Request Flow 2: Querying Top 'K' Requests

  1. Client Query: A client application (e.g., a monitoring dashboard) sends a query to the API Gateway to retrieve the top 'K' requests for a specific time interval.
  2. API Gateway: The API Gateway receives the query and forwards the request to the relevant storage or cache layer.
  3. Cache Check: If the result for the queried time interval and 'K' value is cached (e.g., in Redis), the cached result is returned. Otherwise:
  4. Top-K Aggregation Storage: The system queries the Top-K Aggregation Storage to retrieve the pre-aggregated top 'K' URLs for the specified time window.
  5. Response to Client: The API Gateway returns the top 'K' URLs and their respective request counts to the client.









Detailed component design

Ingesting a Request:

  1. The user sends a request (e.g., accessing /home or /products) that is received by the Load Balancer.
  2. The Load Balancer distributes this request to an Ingestion Node. This distribution ensures no single node is overwhelmed by traffic.
  3. The Ingestion Node processes the request and forwards it to the Stream Processing Layer, which aggregates the request counts.
  4. The Stream Processing Layer updates the count for the requested URL in Top-K Aggregation Storage and stores the raw request data in Raw Request Storage.

Querying Top-K Requests:

  1. When a client queries the top 'K' requests for a specific time interval, the API Gateway checks the Cache Layer to see if the result is already available.
  2. If the result is cached, it is returned immediately, improving performance.
  3. If the result is not cached, the API queries the Top-K Aggregation Storage for the requested time window. This database contains pre-aggregated counts, making it efficient to retrieve results.
  4. The API Gateway returns the results to the client.





Trade offs/Tech choices

Data Partitioning: Time-Based Partitioning

  • Technology Choice: Partitioning data by time for both raw request storage and aggregated top 'K' results.
  • Trade-offs:
    • Increased complexity in managing partitions: Time-based partitions must be managed effectively to ensure that old data is archived or purged correctly, and partition sizes are balanced. There’s also a need to manage the performance of time-range queries.
    • Cold starts on older data: If a query requests older data that hasn’t been cached, retrieving data from partitions can introduce higher latencies.
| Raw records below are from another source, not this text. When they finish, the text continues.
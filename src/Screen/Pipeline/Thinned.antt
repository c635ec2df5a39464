-- ===== src/Screen/Pipeline/Thinned.antt =====
-- Segments of which whole fragments may be missing.
use cast_app.Common.{
  ℕ, suc, ◌≤◌, ◌<◌, ◌≡◌, refl, ap, Option, none, some, true, false, List, [], ◌∷◌, ◌++◌, length,
  ltb, Bool-cases, Option-cases, inl, inr, arith, append-nil,
}
use mathlib.Core.Path.{subst}
use cast_app.Util.Backpressure.{BoundedDropOldest, push_or, evict_or, position, remove}
use cast_app.Util.Backpressure.Position.{position_split}
use cast_app.Screen.Segments.{EncodedSegment, init_segment, fragment_segment}
use cast_app.Screen.Segments.InitOnce.{inits, inits-append}
use cast_app.Screen.Pipeline.{evictable, push_segment}

-- The second list is the first without some of its fragments, in order; no init segment is missing.
pub data Thinned : List EncodedSegment → List EncodedSegment → Type 0 where
  none_left : Thinned [] []
  kept : {a b : List EncodedSegment} (s : EncodedSegment) → Thinned a b → Thinned (s ∷ a) (s ∷ b)
  dropped :
      {a b : List EncodedSegment} (bytes : List ℕ)
      → Thinned a b
      → Thinned (fragment_segment bytes ∷ a) b

pub Thinned-refl : (a : List EncodedSegment) → Thinned a a
Thinned-refl [] = none_left
Thinned-refl (s ∷ a) = kept s (Thinned-refl a)

pub Thinned-trans : {a b c : List EncodedSegment} → Thinned a b → Thinned b c → Thinned a c
Thinned-trans none_left t = t
Thinned-trans (dropped bytes h) t = dropped bytes (Thinned-trans h t)
Thinned-trans (kept s h) (kept s' t) = kept s (Thinned-trans h t)
Thinned-trans (kept s h) (dropped bytes t) = dropped bytes (Thinned-trans h t)

pub Thinned-append :
    {a b c d : List EncodedSegment} → Thinned a b → Thinned c d → Thinned (a ++ c) (b ++ d)
Thinned-append none_left t = t
Thinned-append (kept s h) t = kept s (Thinned-append h t)
Thinned-append (dropped bytes h) t = dropped bytes (Thinned-append h t)

pub inits-Thinned : {a b : List EncodedSegment} → Thinned a b → inits a ≡ inits b
unfolding inits
inits-Thinned none_left = refl
inits-Thinned (kept (init_segment bytes) h) = ap (λ (n : ℕ). suc n) (inits-Thinned h)
inits-Thinned (kept (fragment_segment bytes) h) = inits-Thinned h
inits-Thinned (dropped bytes h) = inits-Thinned h

remove-Thinned :
    (xs : List EncodedSegment) (i : ℕ) → position evictable xs ≡ some i → Thinned xs (remove i xs)
unfolding remove
remove-Thinned [] i h = unfold position in absurd (cc)
remove-Thinned (init_segment b ∷ xs) i h = elim (position_split evictable (init_segment b) xs i h) [
  | inl (found, e) ↦ absurd (cc)
  | inr (not_found, (j, at_j, e)) ↦ rw e (kept (init_segment b) (remove-Thinned xs j at_j))
]
remove-Thinned (fragment_segment b ∷ xs) i h =
    elim (position_split evictable (fragment_segment b) xs i h) [
      | inl (found, e) ↦ rw e (dropped b (Thinned-refl xs))
      | inr (not_found, (j, at_j, e)) ↦ absurd (cc)
    ]

-- With nothing to evict all are init segments.
all_inits : (xs : List EncodedSegment) → position evictable xs ≡ none → inits xs ≡ length xs
unfolding inits position
all_inits [] h = refl
all_inits (init_segment b ∷ xs) h =
    ap (λ (n : ℕ). suc n) (all_inits xs (none_later (position evictable xs) h))
  where
    none_later :
        (found : Option ℕ)
        → (elim found as (λ x. Option ℕ) [ none ↦ none | some i ↦ some (suc i) ]) ≡ none
        → found ≡ none
    none_later none e = refl
    none_later (some i) e = absurd (cc)
all_inits (fragment_segment b ∷ xs) h = absurd (cc)

module _ (q : BoundedDropOldest EncodedSegment) where
  push_room :
      (s : EncodedSegment)
      → ltb (length q.items) q.capacity ≡ true
      → (push_segment q s).items ≡ q.items ++ (s ∷ [])
  unfolding push_segment push_or
  push_room s h = ground arith

  push_evicts :
      (s : EncodedSegment) (i : ℕ)
      → ltb (length q.items) q.capacity ≡ false
      → position evictable q.items ≡ some i
      → (push_segment q s).items ≡ remove i q.items ++ (s ∷ [])
  unfolding push_segment push_or evict_or
  push_evicts s i h found = ground arith

  push_rejects :
      (s : EncodedSegment)
      → ltb (length q.items) q.capacity ≡ false
      → position evictable q.items ≡ none
      → (push_segment q s).items ≡ q.items
  unfolding push_segment push_or evict_or
  push_rejects s h nothing = ground arith

  without_newest :
      (s : EncodedSegment)
      → 0 < q.capacity
      → q.capacity ≤ length q.items
      → inits q.items ≡ length q.items
      → inits (q.items ++ (s ∷ [])) ≤ 1
      → Thinned (q.items ++ (s ∷ [])) q.items
  unfolding inits
  without_newest (init_segment b) room full e one =
      absurd (omega (arith, inits-append q.items (init_segment b ∷ [])))
  without_newest (fragment_segment b) room full e one =
      subst (Thinned (q.items ++ (fragment_segment b ∷ []))) (append-nil q.items)
        (Thinned-append (Thinned-refl q.items) (dropped b none_left))

  -- With one init segment at most, in the queue or pushed, `push_segment` drops no more than a fragment.
  pub push_segment-Thinned :
      (s : EncodedSegment)
      → 0 < q.capacity
      → inits (q.items ++ (s ∷ [])) ≤ 1
      → Thinned (q.items ++ (s ∷ [])) (push_segment q s).items
  push_segment-Thinned s room one = elim (Bool-cases (ltb (length q.items) q.capacity)) [
    | inl fits ↦ rw (push_room s fits) (Thinned-refl (q.items ++ (s ∷ [])))
    | inr full ↦ elim (Option-cases (position evictable q.items)) [
      | inl nothing ↦
          rw (push_rejects s full nothing)
            (without_newest s room (ground arith) (all_inits q.items nothing) one)
      | inr (i, found) ↦
          rw (push_evicts s i full found)
            (Thinned-append (remove-Thinned q.items i found) (Thinned-refl (s ∷ [])))
    ]
  ]

  pub capacity-push_segment : (s : EncodedSegment) → (push_segment q s).capacity ≡ q.capacity
  unfolding push_segment push_or evict_or
  capacity-push_segment s = ground arith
Data Retention and Cost Efficiency

  • Technology Choice: Raw request data is stored for a configurable retention period, with a Time-to-Live (TTL) mechanism for automatic data deletion.
  • Trade-offs:
    • Loss of detailed request data: After the retention period expires, detailed request data will be lost. However, this is mitigated by the fact that the aggregated top 'K' results will remain for long-term analysis.
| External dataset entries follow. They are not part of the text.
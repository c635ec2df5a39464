-- ===== src/Screen/Pipeline/Flowing.antt =====
-- The invariant of the two threads of the screen pipeline.
use cast_app.Common.{ℕ, ◌+◌, ◌≤◌, ◌<◌, ◌≡◌, Bool, true, false, List, ◌++◌}
use cast_app.Screen.Segments.{EncodedSegment, Mp4Segmenter}
use cast_app.Screen.Segments.InitOnce.{inits, budget}
use cast_app.Screen.Pipeline.{Pipeline, in_hand}
use cast_app.Screen.Pipeline.Thinned.{Thinned}

-- All that was delivered or is on its way, the first first.
abbrev pub on_the_way : Pipeline → List EncodedSegment
on_the_way p = p.delivered ++ (in_hand p.held ++ (p.output.items ++ p.pushing))

-- The init segments that the encoder may still put out.
abbrev pub to_come : Bool → Mp4Segmenter → ℕ
to_come true s = budget s
to_come false s = 0

pub record IsFlowing (p : Pipeline) : Type 0 where
  pub room : 0 < p.output.capacity
  pub one_init : inits p.produced + to_come p.reading p.segmenter ≤ 1
  pub queued : inits p.output.items + inits p.pushing ≤ inits p.produced
  pub in_order : p.forwarding ≡ true → Thinned (p.earlier ++ p.produced) (on_the_way p)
Failure scenarios/bottlenecks

  • By deploying multiple ingestion nodes behind a load balancer, traffic can be automatically redirected to healthy nodes in case of a failure. This reduces the likelihood of data loss.
  • Stream processing frameworks like Apache Flink support periodic checkpointing. In the event of a failure, the system can restart from the last checkpoint, minimizing data loss.
  • Partition the top 'K' storage by time intervals (e.g., minute, hour). This spreads the data across multiple shards, improving query and write performance.
  • Distribute incoming requests across nodes by hashing the URL. This ensures that hot URLs are distributed across multiple ingestion and processing nodes, reducing the chance of hot spots.





Future improvements

  • The current system allows querying of the top 'K' requests based on time intervals, but it does not provide advanced filtering or detailed analytics (e.g., filtering by user agent, geolocation, or request metadata). Introduce more flexible query capabilities, allowing clients to filter top 'K' requests by various attributes such as IP address, user agent, geolocation, or specific user groups.
  • Implement a multi-region deployment strategy to handle global traffic efficiently. This would involve deploying ingestion nodes, stream processing, and storage in multiple regions, closer to the users.